APOE genotype of participants was initially determined by sequencing rs7412 and rs429358 SNPs at APOE exon 4. Furthermore, the APOE genotype was derived using imputed SNPs, and concordance was assessed using the sequenced APOE genotype. To validate the genetic data quality, the researchers sought to replicate known associations from genome-wide association studies (GWASs) with diet-related biomarkers.

Findings

DNA concentrations ranged between 0.12 ng/μL and 4.14 ng/μL in serum samples and 4.4 ng/μL and 277.8 ng/μL in whole-blood samples. Genetic data were generated for 602 trial samples. Excluding samples pre-QC with call rates < 90% and SNPs with MAF < 0.01 resulted in 573 participants with genotype data for over 1.01 million SNPs. In total, 630,959 SNPs were used for sample QC checks. Two samples with mismatches between self-reported and genetically inferred sex were excluded.

Three pairs of first-degree relatives were identified. The principal component 1 (PC1) separated White individuals from Black participants. The three Asian participants and one “other” participant clustered closer to White individuals. The team used PC1 to define a subset of participants of European ancestry as self-identified White individuals within six standard deviations (SDs) of PC1 means.

Similarly, a smaller subset of African-ancestry participants was determined. The ancestry of eight other participants could not be confidently inferred, so their genetic data were excluded from the final dataset.

Genotype concordance rates ranged between 98.1% and 99.8%, indicating high consistency. After sample QC, 58 and 494 unrelated samples of inferred African and European ancestries were retained, respectively. After a second PCA, the population sub-structure remained evident in the European ancestry group.

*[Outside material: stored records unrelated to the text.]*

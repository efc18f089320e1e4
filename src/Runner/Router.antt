-- ===== src/Runner/Router.antt =====
-- repogauge/runner/router.py: the rows that a router is trained on, its labels, the tree, the model.
pub mod Labels
pub mod Model
pub mod Partition
pub mod Tree
pub mod Aggregate
pub mod Policies
mod Examples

Further, after all QC procedures, 809,442 and 772,662 variants were retained for 494 and 58 inferred European and African ancestry participants, respectively.

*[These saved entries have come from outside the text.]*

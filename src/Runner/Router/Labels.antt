-- ===== src/Runner/Router/Labels.antt =====
-- repogauge/runner/router.py: the labels of the training rows, their counts and their impurity. The
-- fractions that the source computes in floats are exact here.
use repogauge.Prelude.{
  ℕ, ◌+◌, ◌-◌, ◌*◌, String, Bool, true, false, ◌&&◌, List, [], ◌∷◌, ◌==◌, ltb, leb, if◌then◌else◌,
  Dict, count,
}

-- _ROUTER_LABELS
pub data Label : Type 0 where
  cheap_is_enough needs_expensive likely_unsolved : Label

abbrev pub label_eq : Label → Label → Bool
label_eq cheap_is_enough cheap_is_enough = true
label_eq needs_expensive needs_expensive = true
label_eq likely_unsolved likely_unsolved = true
label_eq _ _ = false

abbrev pub label_name : Label → String
label_name cheap_is_enough = "cheap_is_enough"
label_name needs_expensive = "needs_expensive"
label_name likely_unsolved = "likely_unsolved"

-- A row of router training data, its texts as _coerce_str reads them.
pub record TrainingRow : Type 0 where
  pub instance_id : String
  pub route_label : String
  pub label : String
  pub task_feature_version : String
  pub features : Dict ℕ

-- What the training raises, a RuntimeError each.
pub data RouterError : Type 0 where
  bad_train_fraction bad_validation_fraction bad_fraction_sum bad_max_depth no_rows : RouterError
  mixed_feature_versions no_training_rows : RouterError
  bad_label : String → RouterError

pub data Checked {ℓ} (A : Type ℓ) : Type ℓ where
  passed : A → Checked A
  refused : RouterError → Checked A

-- What follows is only run where nothing was raised.
infixl 5 ◌>>=◌
abbrev pub ◌>>=◌ {ℓ κ} : {A : Type ℓ} {B : Type κ} → Checked A → (A → Checked B) → Checked B
refused raised >>= next = refused raised
passed value >>= next = next value

-- `if test: raise error`
abbrev pub raise_if : Bool → RouterError → Checked (Unit {0})
raise_if test error = if test then refused error else passed tt

-- `label not in _ROUTER_LABELS`
unfoldable pub label_of_text : String → String → Checked Label
label_of_text instance_id text =
    if text == "cheap_is_enough"
    then passed cheap_is_enough
    else if text == "needs_expensive"
    then passed needs_expensive
    else if text == "likely_unsolved"
    then passed likely_unsolved
    else refused (bad_label instance_id)

-- _router_row_label
unfoldable pub router_row_label : TrainingRow → Checked Label
unfolding label_of_text
router_row_label row =
    label_of_text row.instance_id (if row.route_label == "" then row.label else row.route_label)

-- A row of _prepare_router_training_rows: its label is one of the three, and its features are encoded.
pub record PreparedRow : Type 0 where
  pub instance_id : String
  pub label : Label
  pub features : Dict ℕ

abbrev pub prepared : TrainingRow → Label → PreparedRow
prepared row l = record { instance_id = row.instance_id; label = l; features = row.features }

-- _prepare_router_training_rows: the first row with no valid label raises
unfoldable pub prepare_router_training_rows : List TrainingRow → Checked (List PreparedRow)
unfolding router_row_label
prepare_router_training_rows [] = passed []
prepare_router_training_rows (row ∷ rows) =
    let rest = prepare_router_training_rows rows in
    do l ← router_row_label row; ps ← rest; passed (prepared row l ∷ ps)

-- How many rows have a label.
abbrev pub labelled : Label → List PreparedRow → ℕ
labelled l rows = count (λ row. label_eq l row.label) rows

-- The Counter of the labels; a label that it does not hold counts 0.
pub record Counts : Type 0 where
  pub cheap : ℕ
  pub needs : ℕ
  pub unsolved : ℕ

abbrev pub no_counts : Counts
no_counts = record { cheap = 0; needs = 0; unsolved = 0 }

abbrev pub count_of : Label → Counts → ℕ
count_of cheap_is_enough c = c.cheap
count_of needs_expensive c = c.needs
count_of likely_unsolved c = c.unsolved

-- `counts[label] += 1`
abbrev pub bump : Label → Counts → Counts
bump cheap_is_enough c = record c { cheap = c.cheap + 1 }
bump needs_expensive c = record c { needs = c.needs + 1 }
bump likely_unsolved c = record c { unsolved = c.unsolved + 1 }

-- _router_class_counts
unfoldable pub class_counts : List PreparedRow → Counts
class_counts [] = no_counts
class_counts (row ∷ rows) = bump row.label (class_counts rows)

abbrev pub sum_counts : Counts → ℕ
sum_counts c = c.cheap + c.needs + c.unsolved

-- `len(counts)`
abbrev pub seen_labels : Counts → ℕ
seen_labels c =
    (if ltb 0 c.cheap then 1 else 0)
    + (if ltb 0 c.needs then 1 else 0)
    + (if ltb 0 c.unsolved then 1 else 0)

-- _router_majority_label: the largest count, and of equal ones the label that sorts first; the first
-- label if there is no row
unfoldable pub majority_label : Counts → Label
majority_label c =
    if leb c.unsolved c.cheap && leb c.needs c.cheap
    then cheap_is_enough
    else if leb c.needs c.unsolved
    then likely_unsolved
    else needs_expensive

-- A fraction; the denominator is not 0.
pub record Fraction : Type 0 where
  pub num : ℕ
  pub den : ℕ

-- 1e-12, in the comparisons of a with b
abbrev pub tolerance : ℕ
tolerance = 1000000000000

-- `a >= b`
unfoldable pub at_least : Fraction → Fraction → Bool
at_least a b = leb (b.num * a.den) (a.num * b.den)

-- `a < b - 1e-12`
unfoldable pub below : Fraction → Fraction → Bool
below a b = ltb (a.num * b.den * tolerance + a.den * b.den) (b.num * a.den * tolerance)

-- `a >= b - 1e-12`
unfoldable pub not_below : Fraction → Fraction → Bool
not_below a b = leb (b.num * a.den * tolerance) (a.num * b.den * tolerance + a.den * b.den)

-- `abs(a - b) <= 1e-12`
unfoldable pub close : Fraction → Fraction → Bool
unfolding not_below
close a b = not_below a b && not_below b a

-- _router_gini: 1 - Σ (count / total)²
unfoldable pub gini : Counts → Fraction
gini c =
    let total = sum_counts c in
    if leb total 0 then record { num = 0; den = 1 } else record {
      num = total * total - (c.cheap * c.cheap + c.needs * c.needs + c.unsolved * c.unsolved);
      den = total * total;
    }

Following imputation with the 1000G panel, around 47.1 million variants were obtained for each ancestry. HRC imputation, performed only for European-ancestry participants, resulted in 39.1 million variants. HRC imputation demonstrated a higher quality for low-frequency and common variants. The APOE genotype concordance was 98.2% between 1000G-imputed and sequenced genotypes.

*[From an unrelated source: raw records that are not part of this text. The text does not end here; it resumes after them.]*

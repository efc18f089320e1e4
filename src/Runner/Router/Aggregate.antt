-- ===== src/Runner/Router/Aggregate.antt =====
-- repogauge/runner/router.py: the attempts of a solver at an instance as one row, and the solvers by
-- what they cost on average. Costs are whole nanodollars, where the source has floats, and averages are
-- exact fractions.
use repogauge.Prelude.Text.{Text}
use repogauge.Prelude.{
  ℕ, ◌+◌, ◌*◌, String, Bool, ◌&&◌, none, some, List, [], ◌∷◌, ◌++◌, map, ◌==◌, ltb, nat_eq,
  if◌then◌else◌, length, Dict, get, put, str_lt, then_lt, total,
}
use repogauge.Prelude.Sort.{sort_by}
use repogauge.Runner.Router.Labels.{Fraction}

-- A joined attempt, its texts as _coerce_str reads them. `cost` is _read_row_cost.
pub record JoinedAttempt : Type 0 where
  pub instance_id : String
  pub solver_id : String
  pub attempt_id : String
  pub attempt_index : ℕ
  pub attempt_started_at : String
  pub attempt_ended_at : String
  pub duration_ms : ℕ
  pub cost : ℕ
  pub resolved : Bool
  pub attempt_state : Text
  pub failure_reason : Text
  pub exit_reason : Text
  pub harness_outcome : Text

-- _attempt_sort_key
unfoldable pub attempt_before : JoinedAttempt → JoinedAttempt → Bool
attempt_before a b =
    then_lt (ltb a.attempt_index b.attempt_index) (ltb b.attempt_index a.attempt_index) (
      then_lt (str_lt a.attempt_ended_at b.attempt_ended_at)
        (str_lt b.attempt_ended_at a.attempt_ended_at)
        (then_lt (str_lt a.attempt_started_at b.attempt_started_at)
          (str_lt b.attempt_started_at a.attempt_started_at) (str_lt a.attempt_id b.attempt_id)))

-- A row of _aggregate_solver_instance_rows, as far as the router reads it.
pub record SolverRow : Type 0 where
  pub instance_id : String
  pub solver_id : String
  pub attempt_ids : List String
  pub attempt_count : ℕ
  pub total_duration_ms : ℕ
  pub total_cost_usd : ℕ
  pub resolved : Bool
  pub attempt_state : Text
  pub failure_reason : Text
  pub exit_reason : Text
  pub harness_outcome : Text

-- `xs[-1]`, of `x` and the rest
abbrev pub last_of {ℓ} : {A : Type ℓ} → A → List A → A
last_of x [] = x
last_of x (y ∷ ys) = last_of y ys

-- the row of one key, from its attempts in order
unfoldable pub aggregate_of : String → String → JoinedAttempt → List JoinedAttempt → SolverRow
aggregate_of instance_id solver_id first rest =
    let final_attempt = last_of first rest in
    record {
      instance_id = instance_id;
      solver_id = solver_id;
      attempt_ids = map (λ a. a.attempt_id) (first ∷ rest);
      attempt_count = length (first ∷ rest);
      total_duration_ms = total (λ a. a.duration_ms) (first ∷ rest);
      total_cost_usd = total (λ a. a.cost) (first ∷ rest);
      resolved = final_attempt.resolved;
      attempt_state = final_attempt.attempt_state;
      failure_reason = final_attempt.failure_reason;
      exit_reason = final_attempt.exit_reason;
      harness_outcome = final_attempt.harness_outcome;
    }

-- `grouped[key].append(row)`: the keys in the order in which they come first
abbrev pub Groups : Type 0
Groups = List (String × String × List JoinedAttempt)

unfoldable pub group_attempt : Groups → JoinedAttempt → Groups
group_attempt [] a = (a.instance_id, a.solver_id, a ∷ []) ∷ []
group_attempt ((i, s, as_) ∷ gs) a =
    if i == a.instance_id && s == a.solver_id
    then (i, s, as_ ++ a ∷ []) ∷ gs
    else (i, s, as_) ∷ group_attempt gs a

unfoldable pub group_attempts : Groups → List JoinedAttempt → Groups
unfolding group_attempt
group_attempts gs [] = gs
group_attempts gs (a ∷ rest) = group_attempts (group_attempt gs a) rest

-- a group holds an attempt, since it is made for one
unfoldable pub aggregate_group : String → String → List JoinedAttempt → List SolverRow
unfolding aggregate_of
aggregate_group i s [] = []
aggregate_group i s (first ∷ rest) = aggregate_of i s first rest ∷ []

unfoldable pub aggregate_groups : Groups → List SolverRow
unfolding aggregate_group attempt_before sort_by
aggregate_groups [] = []
aggregate_groups ((i, s, as_) ∷ gs) =
    aggregate_group i s (sort_by attempt_before as_) ++ aggregate_groups gs

-- `key=lambda row: (instance_id, solver_id)`
unfoldable pub row_before : SolverRow → SolverRow → Bool
row_before a b =
    then_lt (str_lt a.instance_id b.instance_id) (str_lt b.instance_id a.instance_id)
      (str_lt a.solver_id b.solver_id)

-- _aggregate_solver_instance_rows
unfoldable pub aggregate_solver_instance_rows : List JoinedAttempt → List SolverRow
unfolding group_attempts aggregate_groups row_before sort_by
aggregate_solver_instance_rows joined_rows =
    sort_by row_before (aggregate_groups (group_attempts [] joined_rows))

-- A bucket of _rank_solvers.
pub record Totals : Type 0 where
  pub cost : ℕ
  pub duration : ℕ
  pub count : ℕ
  pub resolved : ℕ

abbrev pub totals_of : Dict Totals → String → Totals
totals_of d solver = elim (get d solver) [
  | none ↦ record { cost = 0; duration = 0; count = 0; resolved = 0 }
  | some t ↦ t
]

abbrev pub add_row : Totals → SolverRow → Totals
add_row t row = record {
  cost = t.cost + row.total_cost_usd;
  duration = t.duration + row.total_duration_ms;
  count = t.count + 1;
  resolved = t.resolved + (if row.resolved then 1 else 0);
}

unfoldable pub solver_totals : Dict Totals → List SolverRow → Dict Totals
solver_totals d [] = d
solver_totals d (row ∷ rows) =
    solver_totals (put d row.solver_id (add_row (totals_of d row.solver_id) row)) rows

pub record RankedSolver : Type 0 where
  pub solver_id : String
  pub average_cost_usd : Fraction
  pub average_duration_ms : Fraction
  pub resolved_count : ℕ
  pub instance_count : ℕ

-- `totals["count"] or 1.0`
abbrev pub rank_of : String → Totals → RankedSolver
rank_of solver_id t =
    let count = if nat_eq t.count 0 then 1 else t.count in
    record {
      solver_id = solver_id;
      average_cost_usd = record { num = t.cost; den = count };
      average_duration_ms = record { num = t.duration; den = count };
      resolved_count = t.resolved;
      instance_count = t.count;
    }

abbrev pub less : Fraction → Fraction → Bool
less a b = ltb (a.num * b.den) (b.num * a.den)

unfoldable pub ranks_before : RankedSolver → RankedSolver → Bool
ranks_before a b =
    then_lt (less a.average_cost_usd b.average_cost_usd)
      (less b.average_cost_usd a.average_cost_usd)
      (then_lt (less a.average_duration_ms b.average_duration_ms)
        (less b.average_duration_ms a.average_duration_ms) (str_lt a.solver_id b.solver_id))

-- _rank_solvers
unfoldable pub rank_solvers : List SolverRow → List RankedSolver
unfolding solver_totals ranks_before sort_by
rank_solvers rows = sort_by ranks_before (map (λ e. rank_of e.0 e.1) (solver_totals [] rows))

Compared to sequencing data, the imputed genotypes misclassified five non-carriers as E4 carriers and two E4 carriers as non-carriers. Similarly, HRC imputation yielded genotypes identical to those with the 1000G panel. The team replicated at least one SNP previously linked to adiponectin, alpha-linolenic acid, coffee intake, beta-carotene, alpha-tocopherol, tea intake, and docosahexaenoic acid in the 1000G imputed data. Results were comparable with HRC-imputed data.

Conclusions

In sum, the study presents a genetic resource from the first RCT of the MIND diet targeting cognitive outcomes. The findings highlight the adequacy of serum as an alternative source of DNA. Although serum DNA extraction and genotypic performance were inferior to those of whole blood, serum remains attractive in cases of missing or insufficient whole blood. The HRC and 1000G reference panels yielded high-quality imputed data for African and European ancestry populations.

Concordance was high between imputed and sequenced APOE genotypes. Moreover, the researchers replicated known GWAS associations with diet-related biomarkers.

The authors also noted several limitations to provide context for future research. These include that the study population was predominantly of European ancestry, which may limit the generalizability of findings, and that the specific participant criteria (e.g., overweight, family history of dementia) mean the resource is not representative of the general population. They also advise that potential batch effects from specimen type and study site should be accounted for in future analyses.

This genetic resource enables analyses of genetic contributions to variability in cognitive responses to the MIND diet, supporting integrative analysis with other data types to delineate underlying biological mechanisms. The data will be made available to other researchers via The National Institute on Aging Genetics of Alzheimer’s Disease Data Storage Site (NIAGADS).

These efforts could ultimately inform precision nutrition strategies and help promote cognitive health.